在美国,二战以来,面对严重的政治失信、经济衰退、竞争力下滑、社会撕裂等问题,特别是经历“卫星事件”的冲击,几乎所有的美国公民对教育感到担忧,批评教育质量低下威胁国家地位、危及国家安全,并引发广泛蔓延、持续发酵的教育危机论、教育失败论、国家危险论。此后,美国教育长期陷入危机论、失败论、危险论困境,始终面临严厉的社会批评及严峻的“社会否定”形势。批评者认为,长久以来,美国教育不鼓励严格的学术性教育,“太迎合年轻人的一时兴致和眼前利益了,陷入肤浅的甚至轻浮的‘生活适应’计划”。
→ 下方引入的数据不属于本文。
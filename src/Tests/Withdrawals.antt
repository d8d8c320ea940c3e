-- ===== src/Tests/Withdrawals.antt =====
-- The theorems on withdrawals, at concrete ones.
use mathlib.Core.Option.{some-injective}
use solana_bridge_program.Common.{
  ℕ, ◌∙◌, Option, ◌≡◌, ◌≢◌, ◌-◌, ltb, if◌then◌else◌, refl, none, some, List, [], ◌∷◌, ◌++◌, Bytes,
  replicate, arith, bytes_eq, length,
}
use solana_bridge_program.Runtime.{
  Pubkey, AccountInfo, Bank, Result, ok, write_data, next_account_info, checked_add,
}
use solana_bridge_program.Env.{Metadata}
use solana_bridge_program.Shared.Types.{TokenType, as_bytes}
use solana_bridge_program.Shared.Merkle.{
  merkle_loop, merkle_step, get_merkle_root, amount_bytes, bytes_leb,
}
use solana_bridge_program.Shared.Ecdsa.{verify_ecdsa_signature}
use solana_bridge_program.Shared.Calls.{call_create_account, call_create_associated_account}
use solana_bridge_program.Shared.Instructions.Bridge.{
  WithdrawArgs, withdraw_native, validate_withdraw,
}
use solana_bridge_program.Bridge.Content
use solana_bridge_program.Bridge.Access.{open_bridge_admin, check_seeds, read_bridge_admin}
use solana_bridge_program.Bridge.Token.{
  ensure_associated_account, call_mint_to, call_transfer_token,
}
use solana_bridge_program.Bridge.Mint.{mint_if_seeded}
use solana_bridge_program.Bridge.Record.{
  create_withdraw_account, init_withdraw_account, filled_withdraw,
}
use solana_bridge_program.Bridge.Withdraw.{
  process_withdraw_native, process_withdraw_ft, process_withdraw_nft, verify_content, sub_lamports,
  add_lamports, read_metadata, read_collection, trim_matches, trim_start, release_tokens,
  read_token_amount, mint_missing,
}
use solana_bridge_program.Bridge.Withdraw.Native.{Withdrawn, withdraw_native_sound}
use solana_bridge_program.Bridge.Withdraw.Tokens.{Released, withdraw_ft_sound}
use solana_bridge_program.Bridge.Processor.{dispatch}
use solana_bridge_program.Runtime.History.{here, others}
use solana_bridge_program.Bridge.Replay.{no_double_withdraw}
use solana_bridge_program.Tests.Platform.{test_env}
use solana_bridge_program.Tests.Accounts.{withdraw_codec-IsLawful}
use solana_bridge_program.Tests.Laws.{test_laws}
use solana_bridge_program.Tests.Scene.{
  program, seeds, bridge_info, owner_info, other_info, withdraw_info, mint_info, metadata_info,
  owner_token, bridge_token, origin, accounts, after,
}

abbrev path : List Bytes
path = replicate 32 77 ∷ []

abbrev signature_of : Content.TransferData → Bytes
signature_of transfer =
    let root =
      merkle_loop test_env
        (Content.hash test_env (Content.new origin owner_info.key program transfer)) path in
    root ++ root

abbrev native_run : Result (Unit {0} × Bank)
native_run =
    process_withdraw_native test_env program
      (bridge_info ∷ owner_info ∷ withdraw_info ∷ other_info ∷ other_info ∷ []) seeds
      (signature_of (Content.new_native_transfer 7)) 0 path origin 7 (accounts 0 0)

native_runs : native_run ≡ ok (tt, after (accounts 0 0) native_run)
unfolding process_withdraw_native open_bridge_admin check_seeds read_bridge_admin verify_content
    get_merkle_root verify_ecdsa_signature create_withdraw_account init_withdraw_account
    call_create_account sub_lamports add_lamports write_data bytes_eq next_account_info merkle_loop
    merkle_step Content.hash Content.message Content.new Content.get_operation amount_bytes
    bytes_leb checked_add
native_runs = refl

withdraw_native_sound_example :
    Withdrawn test_env program bridge_info owner_info withdraw_info other_info other_info [] seeds
      (signature_of (Content.new_native_transfer 7))
      0
      path
      origin
      7
      (accounts 0 0)
      (after (accounts 0 0) native_run)
withdraw_native_sound_example =
    withdraw_native_sound test_env program bridge_info owner_info withdraw_info other_info
      other_info [] seeds (signature_of (Content.new_native_transfer 7)) 0 path origin 7
      (accounts 0 0) (after (accounts 0 0) native_run) withdraw_codec-IsLawful
      (refl, refl, omega arith, λ k e. cc) (λ e. cc) native_runs

abbrev token_infos : List AccountInfo
token_infos =
    bridge_info ∷ mint_info ∷ metadata_info ∷ owner_info ∷ owner_token ∷ bridge_token
    ∷ withdraw_info ∷ other_info ∷ other_info ∷ other_info ∷ other_info ∷ other_info ∷ []

mint_size : (k : Pubkey) → some mint_info.key ≡ some k → length k ≡ 32
mint_size k e = rw (← some-injective mint_info.key k e) refl

abbrev ft_transfer : Content.TransferData
ft_transfer =
    Content.new_ft_transfer mint_info.key 150 (as_bytes "Gold") (as_bytes "GLD") (as_bytes "g") 6

abbrev ft_run : Result (Unit {0} × Bank)
ft_run =
    process_withdraw_ft test_env program token_infos seeds (signature_of ft_transfer) 0 path origin
      150 none none (accounts 0 0)

ft_runs : ft_run ≡ ok (tt, after (accounts 0 0) ft_run)
unfolding process_withdraw_ft open_bridge_admin check_seeds read_bridge_admin mint_if_seeded
    read_metadata read_collection trim_matches trim_start release_tokens ensure_associated_account
    call_create_associated_account read_token_amount mint_missing call_mint_to call_transfer_token
    verify_content get_merkle_root verify_ecdsa_signature create_withdraw_account
    init_withdraw_account call_create_account write_data bytes_eq next_account_info merkle_loop
    merkle_step Content.hash Content.message Content.new Content.get_operation amount_bytes
    bytes_leb
ft_runs = refl

withdraw_ft_sound_example :
    (minted : Bank) × (metadata : Metadata) × (decimals : ℕ) × (test_env.metadata_from_bytes
        (minted metadata_info.key).data_bytes
      ≡ ok metadata)
    × (test_env.unpack_mint (minted mint_info.key).data_bytes ≡ ok decimals)
    × Released test_env program bridge_info mint_info metadata_info owner_info owner_token
        bridge_token withdraw_info other_info other_info other_info other_info other_info [] seeds
        (signature_of ft_transfer)
        0
        path
        origin
        none
        none
        (Content.new_ft_transfer mint_info.key 150
          (trim_matches metadata.name)
          (trim_matches metadata.symbol)
          (trim_matches metadata.uri)
          decimals)
        (filled_withdraw TokenType.ft origin (some mint_info.key) 150 owner_info.key)
        150
        (λ held. if ltb held 150 then some (150 - held) else none)
        (accounts 0 0)
        minted
        (after (accounts 0 0) ft_run)
withdraw_ft_sound_example =
    withdraw_ft_sound test_env program bridge_info mint_info metadata_info owner_info owner_token
      bridge_token withdraw_info other_info other_info other_info other_info other_info [] seeds
      (signature_of ft_transfer) 0 path origin none none 150 (accounts 0 0)
      (after (accounts 0 0) ft_run) withdraw_codec-IsLawful (refl, refl, omega arith, mint_size)
      ft_runs

abbrev nft_transfer : Content.TransferData
nft_transfer =
    Content.new_nft_transfer mint_info.key none (as_bytes "Gold") (as_bytes "GLD") (as_bytes "g")

abbrev nft_run : Result (Unit {0} × Bank)
nft_run =
    process_withdraw_nft test_env program token_infos seeds (signature_of nft_transfer) 0 path
      origin none none (accounts 0 0)

abbrev native_args : WithdrawArgs
native_args = record {
  origin = origin;
  amount = 7;
  signature = signature_of (Content.new_native_transfer 7);
  recovery_id = 0;
  path = path;
  seeds = seeds;
  token_seed = none;
  signed_meta = none;
}

abbrev native_infos : List AccountInfo
native_infos = bridge_info ∷ owner_info ∷ withdraw_info ∷ other_info ∷ other_info ∷ []

native_dispatched :
    dispatch test_env program native_infos (withdraw_native native_args) (accounts 0 0) ≡ native_run
unfolding dispatch validate_withdraw
native_dispatched = refl

no_double_withdraw_example :
    dispatch test_env program native_infos
      (withdraw_native native_args)
      (after (accounts 0 0) native_run)
    ≢ ok (tt, after (accounts 0 0) native_run)
no_double_withdraw_example =
    no_double_withdraw test_env program (test_laws program) native_infos native_infos
      (withdraw_native native_args) (withdraw_native native_args) origin (accounts 0 0)
      (after (accounts 0 0) native_run) (after (accounts 0 0) native_run)
      (after (accounts 0 0) native_run) refl refl (native_dispatched ∙ native_runs)
      (others here (λ k u. (refl, refl)))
学校以所谓的兴趣、自由、体验、主动性为借口,把学生选择喜欢学什么的权利推崇备至,放宽了教育标准,降低了教育要求,打乱了教育秩序,造成严重的教育质量滑坡局面。于是,“软弱无力”成为人们对教育的基本印象与判断。据此,批评者得出了这样一个结论:美国的“学生中心教育已经失败,国家需要回归更为正规的、教师主导的‘无废话’型学校教育”。1983年,美国国家高质量教育委员会发布《国家处在危机中:教育改革势在必行》报告,该报告认为,美国的教育制度是失败的,基本教育目标未能实现。报告还指出:“我国社会的教育基础目前受到日益增长的庸庸碌碌的潮流的腐蚀,它威胁着整个国家和人民的未来。”2001年,时任总统布什也将美国公立教育制度认定为“一种业已失败的制度”,他认为,“我们给学校提供免于竞争的庇护,让学校得到为害非浅的垄断大权,这种状况的持续时间长得过了头”。2009年,时任总统奥巴马指出,美国“学生成绩下降、教育体系岌岌可危、教师质量不高,导致我们难以与其他国家竞争”。面对很多国家学生学业成绩超过美国学生的状况,奥巴马强调,“这并不是说他们的孩子比我们的更聪明,而是他们更懂得如何教育孩子。他们不在他们认为无关紧要的内容上花费过多的时间,而是把更多的精力放在他们认为更重要的内容上”。2012年,美国外交关系委员会发布《美国教育改革与国家安全》报告,突出强调教育危机即国家安全危机,教育失败威胁美国经济发展、全球地位及国土安全。总体上,在半个多世纪的时间里,美国教育持续遭遇社会批评与否定,特别是新右派学者将美国政治、经济、社会等各个领域出现的危机及问题都定性为教育的“过”与“责”,并要求推倒重来,重建教育体系与范式,把美国建成教育最优国家。与此同时,在英国,教育也遭遇了广泛的社会批评及“社会否定”现象。二战后,英国社会面临一系列严重的政治、经济危机,特别是1973年爆发的石油危机造成了严峻的经济衰退局面,引发社会各界对教育的强烈不满,纷纷将经济衰退归因于教育质量低下,并对教育提出严厉批评。家长们批评学校不负责、不尽责,未能使他们的子女在读、写、算方面获得充足的训练,未能使他们的子女为未来的职业做好准备。企业雇主批评教育脱离职业实际,传授的是与职业需求毫不相干的课程,未能培养出符合、适合职业需要的劳动力,造成企业因劳动力素质下降而蒙受损失。于是,社会各界普遍得出教育失败的结论,特别是缺乏国家干预、学校尤其是教师主导的分散化教育体制被认为是教育最大的失败。据此,“人们对教师拥有过大的权限表示担忧。许多人认为必须改革这一传统,因为教育已成为公众的、国家的权力和事业,教师的自由也必须伴有巨大的社会责任。而且公众和国家拥有了解和监督教师作出什么决定的权力,拥有提出课程纲要并监督实施的权力。教学自由已不再是教师的私事,更不能随心所欲”。此外,澳大利亚出现了教育衰退论,俄罗斯出现了教育倒退论,日本出现了教育荒废论。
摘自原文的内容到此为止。